EXERCISE PROMPT —
Every line in the data below from the one containing "entry-true [] = unfold" down to the one containing "(text_eq cap (cur", both included, must be retyped exactly; no other line is to appear.

INFORMATION PROVIDED —
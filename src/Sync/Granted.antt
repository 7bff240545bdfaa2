-- ===== src/Sync/Granted.antt =====
-- `has_cap` looks a capability up in the comma-separated list.
use mathlib.Core.Path.{ap₂}
use llama_cli.Base.Search.{find_sound, find_here, shift, starts_with-append, starts_with_split}
use llama_cli.Base.Words.{getlines, getlines_from, take_while, is_one_of}
use llama_cli.Sync.Caps.{has_cap, has_cap_from}
use llama_cli.Base.{
  ℕ, zero, suc, ◌+◌, ◌-◌, ◌≤◌, ◌<◌, ◌≡◌, refl, sym, ap, ◌∙◌, inl, inr, Bool, true, false, not, ◌&&◌,
  ◌||◌, none, some, [], ◌∷◌, ◌++◌, append-nil, append_assoc, arith, leb, ◌==◌, le→not_ltb, ne→beq,
  Bool-cases, Option-cases, length, drop, length-drop, drop-length-append, drop-drop, get_or-drop,
  Text, text_eq, char_at, starts_with, find, find_from, Lacks,
}

abbrev ends : Text → Bool
ends [] = true
ends (c ∷ s) = c == b','

-- the flag behind `i` bytes
abbrev flag : Bool → Text → ℕ → Bool
flag start s zero = start
flag start s (suc i) = char_at s i == b','

flag_next :
    (start : Bool) (c : ℕ) (s : Text) (i : ℕ) → flag (c == b',') s i ≡ flag start (c ∷ s) (suc i)
flag_next start c s zero = refl
flag_next start c s (suc i) = refl

module _ (cap : Text) where
  -- Does an entry of the list begin and end here, or further on? The flag tells whether an entry may
  -- begin at the first byte.
  entry : Bool → Text → Bool
  entry start [] = false
  entry start (c ∷ s) =
      (start && (starts_with cap (c ∷ s) && ends (drop (length cap) (c ∷ s))))
      || entry (c == b',') s

  entry-none : (start : Bool) (s : Text) → find cap s ≡ none → entry start s ≡ false
  unfolding entry find
  entry-none start [] h = refl
  entry-none start (c ∷ s) h = ground (arith, entry-none (c == b',') s)

  entry_skip :
      (start : Bool) (s : Text) (i : ℕ)
      → find cap s ≡ some i
      → entry start s ≡ entry (flag start s i) (drop i s)
  unfolding entry
  entry_skip start s zero h = refl
  entry_skip start [] (suc i) h = refl
  entry_skip start (c ∷ s) (suc i) h = elim (Bool-cases (starts_with cap (c ∷ s))) [
    | inl e ↦ absurd (ground (arith, e, h, find_here cap (c ∷ s) e))
    | inr e ↦
        let next : find cap s ≡ some i = unfold find in ground (arith, e, h) in
        rw e (ground (arith, entry_skip (c == b',') s i next, flag_next start c s i))
  ]

  entry_inside : (w tail : Text) → Lacks b',' w → entry false (w ++ tail) ≡ entry false tail
  unfolding entry
  entry_inside [] tail h = refl
  entry_inside (c ∷ w) tail (hc, h) = rw (ne→beq c b',' hc, entry_inside w tail h)

abbrev field_of : Text → Text
field_of = take_while (λ c. not (c == b','))

ends_field :
    (cap s : Text)
    → Lacks b',' cap
    → (starts_with cap s && ends (drop (length cap) s)) ≡ text_eq cap (field_of s)
unfolding starts_with text_eq take_while
ends_field [] [] h = refl
ends_field [] (c ∷ s) h = ground arith
ends_field (x ∷ cap) [] h = refl
ends_field (x ∷ cap) (c ∷ s) (hx, h) = ground (arith, ends_field cap s h)

module _ (x : ℕ) (c : Text) (plain : Lacks b',' (x ∷ c)) where
  abbrev cap : Text
  cap = x ∷ c

  entry-true : (s : Text) → entry cap true s ≡ (text_eq cap (field_of s) || entry cap false s)
  unfolding entry
  entry-true [] = unfold text_eq take_while in refl
  entry-true (d ∷ s) = rw (← ends_field cap (d ∷ s) plain)

  getlines-entry :
      (s cur : Text)
      → is_one_of (getlines_from b',' s cur) cap
        ≡ (text_eq cap (cur ++ field_of s) || entry cap false s)
  unfolding getlines_from is_one_of take_while entry
  getlines-entry [] [] = refl
  getlines-entry [] (d ∷ cur) = rw append-nil (ground arith)
  getlines-entry (d ∷ s) cur = elim (Bool-cases (d == b',')) [
    | inl e ↦ rw (e, getlines_from, append-nil) (ground (arith, getlines-entry s [], entry-true s))
    | inr e ↦ rw (e, getlines_from) (getlines-entry s (cur ++ d ∷ []) ∙ rw append_assoc)
  ]

ends-drop :
    (caps : Text) (p : ℕ) → (leb (length caps) p || char_at caps p == b',') ≡ ends (drop p caps)
ends-drop [] zero = refl
ends-drop [] (suc p) = ground arith
ends-drop (c ∷ s) zero = ground arith
ends-drop (c ∷ s) (suc p) = ground (arith, ends-drop s p)

last_plain :
    (x : ℕ) (c tail : Text)
    → Lacks b',' (x ∷ c)
    → (char_at (x ∷ (c ++ tail)) (length c) == b',') ≡ false
last_plain x [] tail (hx, h) = ne→beq x b',' hx
last_plain x (y ∷ c) tail (hx, h) = last_plain y c tail h

-- may an entry begin at this position
abbrev before : Text → ℕ → Bool
before caps pos = pos == 0 || char_at caps (pos - 1) == b','

flag-before :
    (caps : Text) (pos i : ℕ) → flag (before caps pos) (drop pos caps) i ≡ before caps (pos + i)
flag-before caps pos zero = ap (before caps) (omega arith)
flag-before caps pos (suc i) =
    let at : pos + suc i - 1 ≡ pos + i = omega arith in
    rw (at, ne→beq (pos + suc i) 0 (omega arith), get_or-drop pos i caps 0)

find_of_find_from :
    (n s : Text) (pos : ℕ) → pos ≤ length s → find_from n s pos ≡ shift pos (find n (drop pos s))
unfolding find_from
find_of_find_from n s pos h = rw (le→not_ltb (length s) pos h)

module _ (caps : Text) (x : ℕ) (c : Text) (plain : Lacks b',' (x ∷ c)) where
  abbrev here : ℕ → Bool
  here at = before caps at && ends (drop (at + length (x ∷ c)) caps)

  entry_front :
      (start : Bool) (tail : Text)
      → entry (x ∷ c) start ((x ∷ c) ++ tail) ≡ ((start && ends tail) || entry (x ∷ c) false tail)
  unfolding entry
  entry_front start tail = rw (
    starts_with-append (x ∷ c) tail,
    drop-length-append (x ∷ c) tail,
    ne→beq x b',' plain.0,
    entry_inside (x ∷ c) c tail plain.1,
  )

  entry_at :
      (at : ℕ) (start : Bool)
      → starts_with (x ∷ c) (drop at caps) ≡ true
      → entry (x ∷ c) start (drop at caps) ≡ (
          (start && ends (drop (at + length (x ∷ c)) caps))
          || entry (x ∷ c) false (drop (at + length (x ∷ c)) caps))
  entry_at at start h =
      ap (entry (x ∷ c) start) (starts_with_split (x ∷ c) (drop at caps) h)
      ∙ entry_front start (drop (length (x ∷ c)) (drop at caps))
      ∙ ap (λ t. (start && ends t) || entry (x ∷ c) false t) (drop-drop (length (x ∷ c)) at caps)

  -- an occurrence of the name: an entry, or nothing up to its end
  entry_found :
      (pos i : ℕ)
      → find (x ∷ c) (drop pos caps) ≡ some i
      → entry (x ∷ c) (before caps pos) (drop pos caps)
        ≡ (here (pos + i) || entry (x ∷ c) false (drop (pos + i + length (x ∷ c)) caps))
  entry_found pos i h =
      let same : drop i (drop pos caps) ≡ drop (pos + i) caps = drop-drop i pos caps in
      let found = (find_sound (x ∷ c) (drop pos caps) i h).1 in
      entry_skip (x ∷ c) (before caps pos) (drop pos caps) i h
      ∙ ap₂ (entry (x ∷ c)) (flag-before caps pos i) same
      ∙ entry_at (pos + i) (before caps (pos + i)) (rw (drop-drop i pos caps) at found)

  not_before :
      (at : ℕ)
      → starts_with (x ∷ c) (drop at caps) ≡ true
      → before caps (at + length (x ∷ c)) ≡ false
  not_before at h =
      let tail = drop (length (x ∷ c)) (drop at caps) in
      let last : at + length (x ∷ c) - 1 ≡ at + length c = omega arith in
      let byte : char_at caps (at + length c) ≡ char_at (x ∷ (c ++ tail)) (length c) =
        get_or-drop at (length c) caps 0
        ∙ ap (λ t. char_at t (length c)) (starts_with_split (x ∷ c) (drop at caps) h) in
      rw (ne→beq (at + length (x ∷ c)) 0 (omega arith), last, byte, last_plain x c tail plain)

  loop :
      (rounds pos : ℕ)
      → length caps < pos + rounds
      → pos ≤ length caps
      → has_cap_from caps (x ∷ c) rounds pos ≡ entry (x ∷ c) (before caps pos) (drop pos caps)
  unfolding has_cap_from
  loop zero pos h le = absurd (omega arith)
  loop (suc rounds) pos h le = elim (Option-cases (find (x ∷ c) (drop pos caps))) [
    | inl e ↦
        rw (find_of_find_from (x ∷ c) caps pos le, e, has_cap_from)
          (sym (entry-none (x ∷ c) (before caps pos) (drop pos caps) e))
    | inr (i, e) ↦
        let bounds = find_sound (x ∷ c) (drop pos caps) i e in
        let found : starts_with (x ∷ c) (drop (pos + i) caps) ≡ true =
          rw (drop-drop i pos caps) at bounds.1 in
        let next =
          loop rounds (pos + i + length (x ∷ c)) (omega arith)
            (omega (arith, length-drop pos caps, bounds.0)) in
        rw (find_of_find_from (x ∷ c) caps pos le, e, has_cap_from)
          (rw (ends-drop caps (pos + i + length (x ∷ c)), next, not_before (pos + i) found)
            (ground (arith, entry_found pos i e)))
  ]

-- `has_cap` is exact: it holds if and only if the capability is one of the comma-separated entries,
-- for any list and any capability that is not empty and holds no comma. No entry that only contains
-- the name, or begins or ends with it, grants it.
pub has_cap-is_one_of :
    (caps : Text) (x : ℕ) (c : Text)
    → Lacks b',' (x ∷ c)
    → has_cap caps (x ∷ c) ≡ is_one_of (getlines b',' caps) (x ∷ c)
unfolding has_cap getlines
has_cap-is_one_of caps x c plain =
    loop caps x c plain (length caps + 1) 0 (omega arith) (omega arith)
    ∙ entry-true x c plain caps
    ∙ sym (getlines-entry x c plain caps [])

YOUR SOLUTION —
  entry-true [] = unfold text_eq take_while in refl
  entry-true (d ∷ s) = rw (← ends_field cap (d ∷ s) plain)

  getlines-entry :
      (s cur : Text)
      → is_one_of (getlines_from b',' s cur) cap
        ≡ (text_eq cap (cur ++ field_of s) || entry cap false s)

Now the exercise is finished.